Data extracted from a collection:
──────────

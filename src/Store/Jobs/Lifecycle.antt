-- ===== src/Store/Jobs/Lifecycle.antt =====
-- The lifecycle of an update job: what a change of state does, and what it never does.
use stumpfworks_identity.Base.{
  ℕ, ◌+◌, ◌≤◌, ◌<◌, ◌≡◌, refl, subst, ◌≢◌, inl, inr, Bool, true, false, ◌&&◌, some, List, [], ◌∷◌,
  arith, Text, text_eq_refl, text_eq_sound, find-update_stable, find_sound, ◌∙◌, text_eq, find,
  count, update, Bool-cases, ok, Faults,
}
use stumpfworks_identity.Store.Schema.{
  Client, JobState, UpdateJob, Database, token_only, scheduled, dispatched, succeeded, failed,
  cancelled, expired, insert_audit,
}
use stumpfworks_identity.Store.Jobs.{
  JobWindow, may_move, transition, state_eq, Externals, is_job, require_device, move_job,
  repeat_job, change_found, change_update_job, from_unix, unix, job_entry,
}

-- The diagram of the lifecycle.
infix 40 ◌⟶◌
pub data ◌⟶◌ : JobState → JobState → Type 0 where
  cancel : scheduled ⟶ cancelled
  expire : scheduled ⟶ expired
  dispatch : scheduled ⟶ dispatched
  succeed : dispatched ⟶ succeeded
  fail : dispatched ⟶ failed
  again : {s : JobState} → s ⟶ s

may_move-⟶ :
    (w : JobWindow) (from to : JobState) (now : ℕ) → may_move w from to now ≡ true → from ⟶ to
unfolding may_move
may_move-⟶ w from to now h = grind (arith, cancel, expire, dispatch, succeed, fail, again)

state_eq_refl : (s : JobState) → state_eq s s ≡ true
state_eq_refl s = ground arith

pub state_eq_sound : (s t : JobState) → state_eq s t ≡ true → s ≡ t
state_eq_sound s t h = ground arith

abbrev pub window : UpdateJob → JobWindow
window j = record {
  not_before = from_unix j.not_before;
  expires_at = from_unix j.expires_at;
  lightdm_maintenance = false;
}

abbrev pub selected : UpdateJob → UpdateJob → Bool
selected j row = is_job j.id j.client_id row && state_eq row.state j.state

abbrev pub moved : JobState → Bool → ℕ → UpdateJob → UpdateJob
moved to rollback now row = record row {
  state = to;
  rollback_available = rollback;
  updated_at = unix now;
}

-- What a change that is made has done: the job was found, and either it had the state already and
-- nothing is changed, or the lifecycle permits the change, exactly the job was changed, and one
-- audit entry was added.
pub data Effect (faults : Faults) (j : UpdateJob) (to : JobState) (rollback : Bool)
    (actor ip : Text) (now : ℕ) (db after : Database) : Type 0 where
  repeated :
      j.state ≡ to
      → j.rollback_available ≡ rollback
      → after ≡ db
      → Effect faults j to rollback actor ip now db after
  changed :
      may_move (window j) j.state to now ≡ true
      → state_eq j.state to ≡ false
      → (to ≡ dispatched → (call : ℕ) × (require_device faults call j.client_id db ≡ ok tt))
      → count (selected j) db.update_jobs ≡ 1
      → after
        ≡ insert_audit
            (job_entry to j.client_id actor ip j.id)
            (record db { update_jobs = update (selected j) (moved to rollback now) db.update_jobs })
      → Effect faults j to rollback actor ip now db after

move-ok :
    (faults : Faults) (calls : ℕ) (j : UpdateJob) (to : JobState) (rollback : Bool)
    (actor ip : Text) (now : ℕ) (db after : Database)
    → move_job faults calls j to rollback actor ip now db ≡ ok (tt, after)
    → (count (selected j) db.update_jobs ≡ 1)
      × (after
          ≡ insert_audit (job_entry to j.client_id actor ip j.id) (record db {
            update_jobs = update (selected j) (moved to rollback now) db.update_jobs;
          }))
unfolding move_job
move-ok faults calls j to rollback actor ip now db after h = ground arith

repeat-ok :
    (j : UpdateJob) (rollback : Bool) (db after : Database)
    → repeat_job j rollback db ≡ ok (tt, after)
    → (j.rollback_available ≡ rollback) × (after ≡ db)
unfolding repeat_job
repeat-ok j rollback db after h = ground arith

transition-ok :
    (w : JobWindow) (from to : JobState) (now : ℕ) (u : Unit {0})
    → transition w from to now ≡ ok u
    → may_move w from to now ≡ true
unfolding transition
transition-ok w from to now u h = ground arith

found-ok :
    (faults : Faults) (calls : ℕ) (j : UpdateJob) (to : JobState) (rollback : Bool)
    (actor ip : Text) (now : ℕ) (db after : Database)
    → change_found faults calls j to rollback actor ip now db ≡ ok (tt, after)
    → Effect faults j to rollback actor ip now db after
unfolding change_found
found-ok faults calls j to rollback actor ip now db after h =
    elim (Bool-cases (state_eq j.state to)) [
      | inl same ↦
          let (flag, kept) = repeat-ok j rollback db after (ground (arith, same)) in
          repeated (state_eq_sound j.state to same) flag kept
      | inr differ ↦
          let (counted, effect) =
            move-ok faults calls j to rollback actor ip now db after (ground (arith, differ)) in
          changed (ground (arith, differ, transition-ok (window j) j.state to now tt)) differ
            (λ e. (calls + 1, ground (arith, differ, e))) counted effect
    ]

change-ok :
    (x : Externals) (faults : Faults) (calls : ℕ) (id client : Text) (to : JobState)
    (rollback : Bool) (actor ip : Text) (now : ℕ) (db after : Database)
    → change_update_job x faults calls id client to rollback actor ip now db ≡ ok (tt, after)
    → (j : UpdateJob) × (find (is_job id client) db.update_jobs ≡ some j)
      × (change_found faults calls j to rollback actor ip now db ≡ ok (tt, after))
unfolding change_update_job
change-ok x faults calls id client to rollback actor ip now db after h = ground arith

-- A change that is made: the job that it found and the effect.
pub change-Effect :
    (x : Externals) (faults : Faults) (calls : ℕ) (id client : Text) (to : JobState)
    (rollback : Bool) (actor ip : Text) (now : ℕ) (db after : Database)
    → change_update_job x faults calls id client to rollback actor ip now db ≡ ok (tt, after)
    → (j : UpdateJob) × (find (is_job id client) db.update_jobs ≡ some j)
      × Effect faults j to rollback actor ip now db after
change-Effect x faults calls id client to rollback actor ip now db after h =
    let (j, found, made) = change-ok x faults calls id client to rollback actor ip now db after h in
    (j, found, found-ok faults calls j to rollback actor ip now db after made)

-- The job that was found, as the change leaves it.
moved-found :
    (j : UpdateJob) (to : JobState) (rollback : Bool) (now : ℕ) (id client : Text)
    (rows : List UpdateJob)
    → find (is_job id client) rows ≡ some j
    → find (is_job id client) (update (selected j) (moved to rollback now) rows)
      ≡ some (moved to rollback now j)
moved-found j to rollback now id client rows found =
    let own : selected j j ≡ true =
      rw (text_eq_refl j.id, text_eq_refl j.client_id) (state_eq_refl j.state) in
    let left =
      find-update_stable (selected j) (moved to rollback now) (is_job id client) rows j found
        (λ row. ground arith) in
    rw own at left

-- What a change leaves of the jobs: the one that was found is in the state asked for.
Effect-left :
    {faults : Faults} {j : UpdateJob} {to : JobState} {rollback : Bool} {actor ip : Text} {now : ℕ}
    {db after : Database} (id client : Text)
    → find (is_job id client) db.update_jobs ≡ some j
    → Effect faults j to rollback actor ip now db after
    → (k : UpdateJob) × (find (is_job id client) after.update_jobs ≡ some k)
      × (k.state ≡ to)
      × (k.rollback_available ≡ rollback)
      × (j.state ⟶ k.state)
Effect-left {j = j} id client found (repeated e r same) = (j, rw same found, e, r, again)
Effect-left {j = j} {to = to} {rollback = rollback} {now = now} {db = db} id client found
      (changed m _ _ _ same) =
    (
      moved to rollback now j,
      rw same (moved-found j to rollback now id client db.update_jobs found),
      refl,
      refl,
      may_move-⟶ (window j) j.state to now m,
    )

find-update_off :
    (p q : UpdateJob → Bool) (f : UpdateJob → UpdateJob) (rows : List UpdateJob)
    → ((row : UpdateJob) → p row ≡ true → (q row ≡ false) × (q (f row) ≡ false))
    → find q (update p f rows) ≡ find q rows
unfolding find update
find-update_off p q f [] k = refl
find-update_off p q f (row ∷ rows) k = ground (arith, k row, find-update_off p q f rows k)

selected_job :
    (id client : Text) (j row : UpdateJob)
    → is_job id client j ≡ true
    → selected j row ≡ true
    → (row.id ≡ id) × (row.client_id ≡ client)
selected_job id client j row h e = (
  text_eq_sound row.id j.id (ground (arith, e)) ∙ text_eq_sound j.id id (ground (arith, h)),
  text_eq_sound row.client_id j.client_id (ground (arith, e))
      ∙ text_eq_sound j.client_id client (ground (arith, h)),
)

Effect-others :
    {faults : Faults} {j : UpdateJob} {to : JobState} {rollback : Bool} {actor ip : Text} {now : ℕ}
    {db after : Database} (id client other device : Text)
    → find (is_job id client) db.update_jobs ≡ some j
    → (text_eq id other && text_eq client device) ≡ false
    → Effect faults j to rollback actor ip now db after
    → find (is_job other device) after.update_jobs ≡ find (is_job other device) db.update_jobs
Effect-others id client other device found apart (repeated _ _ same) = rw same refl
Effect-others {j = j} {to = to} {rollback = rollback} {now = now} {db = db} id client other device
      found apart (changed _ _ _ _ same) =
    let found_job = find_sound (is_job id client) db.update_jobs j found in
    rw same (
      find-update_off (selected j) (is_job other device) (moved to rollback now) db.update_jobs
        λ row e.
          let (own, owner) = selected_job id client j row found_job e in
          let differs : is_job other device row ≡ false = rw (own, owner) apart in
          (differs, differs))

-- A change of state that is made leaves the job that it found in the state that was asked for, with
-- the rollback that was reported, and follows the lifecycle diagram from the state before: a job
-- leaves scheduled for cancelled, expired or dispatched, dispatched for succeeded or failed, and
-- nothing leaves the other states. A job of another identifier or client is found as before.
pub change-⟶ :
    (x : Externals) (faults : Faults) (calls : ℕ) (id client other device : Text) (to : JobState)
    (rollback : Bool) (actor ip : Text) (now : ℕ) (db after : Database)
    → change_update_job x faults calls id client to rollback actor ip now db ≡ ok (tt, after)
    → (text_eq id other && text_eq client device) ≡ false
    → ((j : UpdateJob) × (k : UpdateJob) × (find (is_job id client) db.update_jobs ≡ some j)
        × (find (is_job id client) after.update_jobs ≡ some k)
        × (k.state ≡ to)
        × (k.rollback_available ≡ rollback)
        × (j.state ⟶ k.state))
      × (find (is_job other device) after.update_jobs ≡ find (is_job other device) db.update_jobs)
change-⟶ x faults calls id client other device to rollback actor ip now db after h apart =
    let (j, found, effect) =
      change-Effect x faults calls id client to rollback actor ip now db after h in
    let (k, left, state, flag, step) = Effect-left id client found effect in
    (
      (j, k, found, left, state, flag, step),
      Effect-others id client other device found apart effect,
    )

dispatch_window :
    (j : UpdateJob) (now : ℕ)
    → may_move (window j) j.state dispatched now ≡ true
    → state_eq j.state dispatched ≡ false
    → (j.state ≡ scheduled) × (from_unix j.not_before ≤ now) × (now < from_unix j.expires_at)
unfolding may_move
dispatch_window j now m d = ground arith

device-ok :
    (faults : Faults) (call : ℕ) (client : Text) (db : Database)
    → require_device faults call client db ≡ ok tt
    → (c : Client) × (find (λ (c : Client). text_eq c.client_id client) db.clients ≡ some c)
      × (c.enabled ≡ true)
      × (c.auth_mode ≢ token_only)
unfolding require_device
device-ok faults call client db h = ground arith

-- A job that becomes dispatched was scheduled, lies in its execution window at that instant, and
-- its device is enabled and authenticates by certificate.
pub dispatch_safe :
    (x : Externals) (faults : Faults) (calls : ℕ) (id client : Text) (rollback : Bool)
    (actor ip : Text) (now : ℕ) (db after : Database) (j : UpdateJob)
    → change_update_job x faults calls id client dispatched rollback actor ip now db
      ≡ ok (tt, after)
    → find (is_job id client) db.update_jobs ≡ some j
    → j.state ≢ dispatched
    → (j.state ≡ scheduled)
      × (from_unix j.not_before ≤ now)
      × (now < from_unix j.expires_at)
      × ((c : Client) × (find (λ (c : Client). text_eq c.client_id j.client_id) db.clients ≡ some c)
          × (c.enabled ≡ true)
          × (c.auth_mode ≢ token_only))
dispatch_safe x faults calls id client rollback actor ip now db after j h found fresh =
    let (k, found', effect) =
      change-Effect x faults calls id client dispatched rollback actor ip now db after h in
    let same : k ≡ j = ground (arith, found') in
    safe (subst (λ r. Effect faults r dispatched rollback actor ip now db after) same effect)
  where
    safe :
        Effect faults j dispatched rollback actor ip now db after
        → (j.state ≡ scheduled)
          × (from_unix j.not_before ≤ now)
          × (now < from_unix j.expires_at)
          × ((c : Client) × (find (λ (c : Client). text_eq c.client_id j.client_id) db.clients
                ≡ some c)
              × (c.enabled ≡ true)
              × (c.auth_mode ≢ token_only))
    safe (repeated e _ _) = absurd (fresh e)
    safe (changed m d device _ _) =
        let (call, granted) = device refl in
        let (was, started, early) = dispatch_window j now m d in
        (was, started, early, device-ok faults call j.client_id db granted)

──────────

• [Requirement]: In the records above, each line with the string "Store" should be copied.

• [Task output]:
filename src/Store/Jobs/Lifecycle.antt
-- ===== src/Store/Jobs/Lifecycle.antt =====
use stumpfworks_identity.Store.Schema.{
use stumpfworks_identity.Store.Jobs.{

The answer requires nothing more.